**Exercise goal:**
Return, word for word, only the lines of the data below that lie between the line with "repository 6f277f855c542b13" and the line with "2 (apply_all parity history empty)).0", those two lines included.

**Working data:**
Start of Block
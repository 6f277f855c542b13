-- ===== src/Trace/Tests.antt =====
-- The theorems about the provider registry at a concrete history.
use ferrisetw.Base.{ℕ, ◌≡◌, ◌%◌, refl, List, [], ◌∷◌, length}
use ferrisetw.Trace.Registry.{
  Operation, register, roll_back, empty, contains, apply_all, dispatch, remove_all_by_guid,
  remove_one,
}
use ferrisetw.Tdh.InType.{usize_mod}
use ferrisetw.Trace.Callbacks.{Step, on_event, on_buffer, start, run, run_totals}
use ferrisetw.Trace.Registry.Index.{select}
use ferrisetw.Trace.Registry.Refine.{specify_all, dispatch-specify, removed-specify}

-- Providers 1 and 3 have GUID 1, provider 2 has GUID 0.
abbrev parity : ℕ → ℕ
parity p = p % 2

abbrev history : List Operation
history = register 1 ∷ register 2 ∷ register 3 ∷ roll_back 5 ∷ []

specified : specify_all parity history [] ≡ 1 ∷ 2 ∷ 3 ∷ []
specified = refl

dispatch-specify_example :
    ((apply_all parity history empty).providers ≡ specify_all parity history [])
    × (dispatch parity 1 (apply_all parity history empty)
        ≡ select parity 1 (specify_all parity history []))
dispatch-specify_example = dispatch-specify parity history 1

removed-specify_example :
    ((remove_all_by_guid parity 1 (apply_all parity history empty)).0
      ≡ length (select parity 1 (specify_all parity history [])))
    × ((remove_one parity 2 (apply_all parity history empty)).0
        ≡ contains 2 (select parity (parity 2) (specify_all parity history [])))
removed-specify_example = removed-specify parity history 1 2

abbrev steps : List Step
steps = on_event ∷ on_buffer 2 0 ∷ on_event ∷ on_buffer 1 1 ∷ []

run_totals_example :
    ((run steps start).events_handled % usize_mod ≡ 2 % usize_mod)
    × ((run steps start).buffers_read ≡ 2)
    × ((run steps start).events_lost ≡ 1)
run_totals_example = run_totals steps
End of Block
Start of Block
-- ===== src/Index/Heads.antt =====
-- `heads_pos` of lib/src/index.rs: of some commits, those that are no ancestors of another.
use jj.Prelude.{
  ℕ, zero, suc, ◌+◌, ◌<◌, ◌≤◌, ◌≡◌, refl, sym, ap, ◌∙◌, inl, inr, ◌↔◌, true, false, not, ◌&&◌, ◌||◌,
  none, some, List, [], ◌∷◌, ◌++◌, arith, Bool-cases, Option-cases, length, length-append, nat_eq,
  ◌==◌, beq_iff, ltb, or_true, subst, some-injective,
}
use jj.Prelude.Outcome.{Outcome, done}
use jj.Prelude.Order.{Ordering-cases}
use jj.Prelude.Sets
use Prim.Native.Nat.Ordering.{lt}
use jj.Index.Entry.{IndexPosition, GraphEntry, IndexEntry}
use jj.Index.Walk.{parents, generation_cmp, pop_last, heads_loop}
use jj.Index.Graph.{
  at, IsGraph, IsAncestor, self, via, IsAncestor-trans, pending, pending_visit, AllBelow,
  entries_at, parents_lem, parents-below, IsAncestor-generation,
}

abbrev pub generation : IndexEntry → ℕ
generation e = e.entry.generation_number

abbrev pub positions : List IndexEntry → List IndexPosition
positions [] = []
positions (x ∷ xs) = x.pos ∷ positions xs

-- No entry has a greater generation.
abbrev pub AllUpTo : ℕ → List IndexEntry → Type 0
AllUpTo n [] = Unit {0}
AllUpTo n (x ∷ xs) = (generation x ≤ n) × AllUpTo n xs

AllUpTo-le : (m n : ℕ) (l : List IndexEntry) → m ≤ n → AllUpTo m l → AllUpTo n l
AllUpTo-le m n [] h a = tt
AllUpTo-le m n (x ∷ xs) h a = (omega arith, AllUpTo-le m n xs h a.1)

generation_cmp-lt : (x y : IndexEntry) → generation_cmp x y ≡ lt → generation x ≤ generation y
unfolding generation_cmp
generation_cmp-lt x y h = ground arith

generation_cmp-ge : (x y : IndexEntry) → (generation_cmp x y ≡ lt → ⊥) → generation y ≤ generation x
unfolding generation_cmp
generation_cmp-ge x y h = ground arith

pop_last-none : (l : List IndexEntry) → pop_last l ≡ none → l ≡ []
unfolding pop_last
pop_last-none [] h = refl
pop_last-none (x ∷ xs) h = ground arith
End of Block
**Worked solution:**
repository 6f277f855c542b13
-- ===== src/Trace/Tests.antt =====
-- The theorems about the provider registry at a concrete history.
use ferrisetw.Base.{ℕ, ◌≡◌, ◌%◌, refl, List, [], ◌∷◌, length}
use ferrisetw.Trace.Registry.{
  Operation, register, roll_back, empty, contains, apply_all, dispatch, remove_all_by_guid,
  remove_one,
}
use ferrisetw.Tdh.InType.{usize_mod}
use ferrisetw.Trace.Callbacks.{Step, on_event, on_buffer, start, run, run_totals}
use ferrisetw.Trace.Registry.Index.{select}
use ferrisetw.Trace.Registry.Refine.{specify_all, dispatch-specify, removed-specify}

-- Providers 1 and 3 have GUID 1, provider 2 has GUID 0.
abbrev parity : ℕ → ℕ
parity p = p % 2

abbrev history : List Operation
history = register 1 ∷ register 2 ∷ register 3 ∷ roll_back 5 ∷ []

specified : specify_all parity history [] ≡ 1 ∷ 2 ∷ 3 ∷ []
specified = refl

dispatch-specify_example :
    ((apply_all parity history empty).providers ≡ specify_all parity history [])
    × (dispatch parity 1 (apply_all parity history empty)
        ≡ select parity 1 (specify_all parity history []))
dispatch-specify_example = dispatch-specify parity history 1

removed-specify_example :
    ((remove_all_by_guid parity 1 (apply_all parity history empty)).0
      ≡ length (select parity 1 (specify_all parity history [])))
    × ((remove_one parity 2 (apply_all parity history empty)).0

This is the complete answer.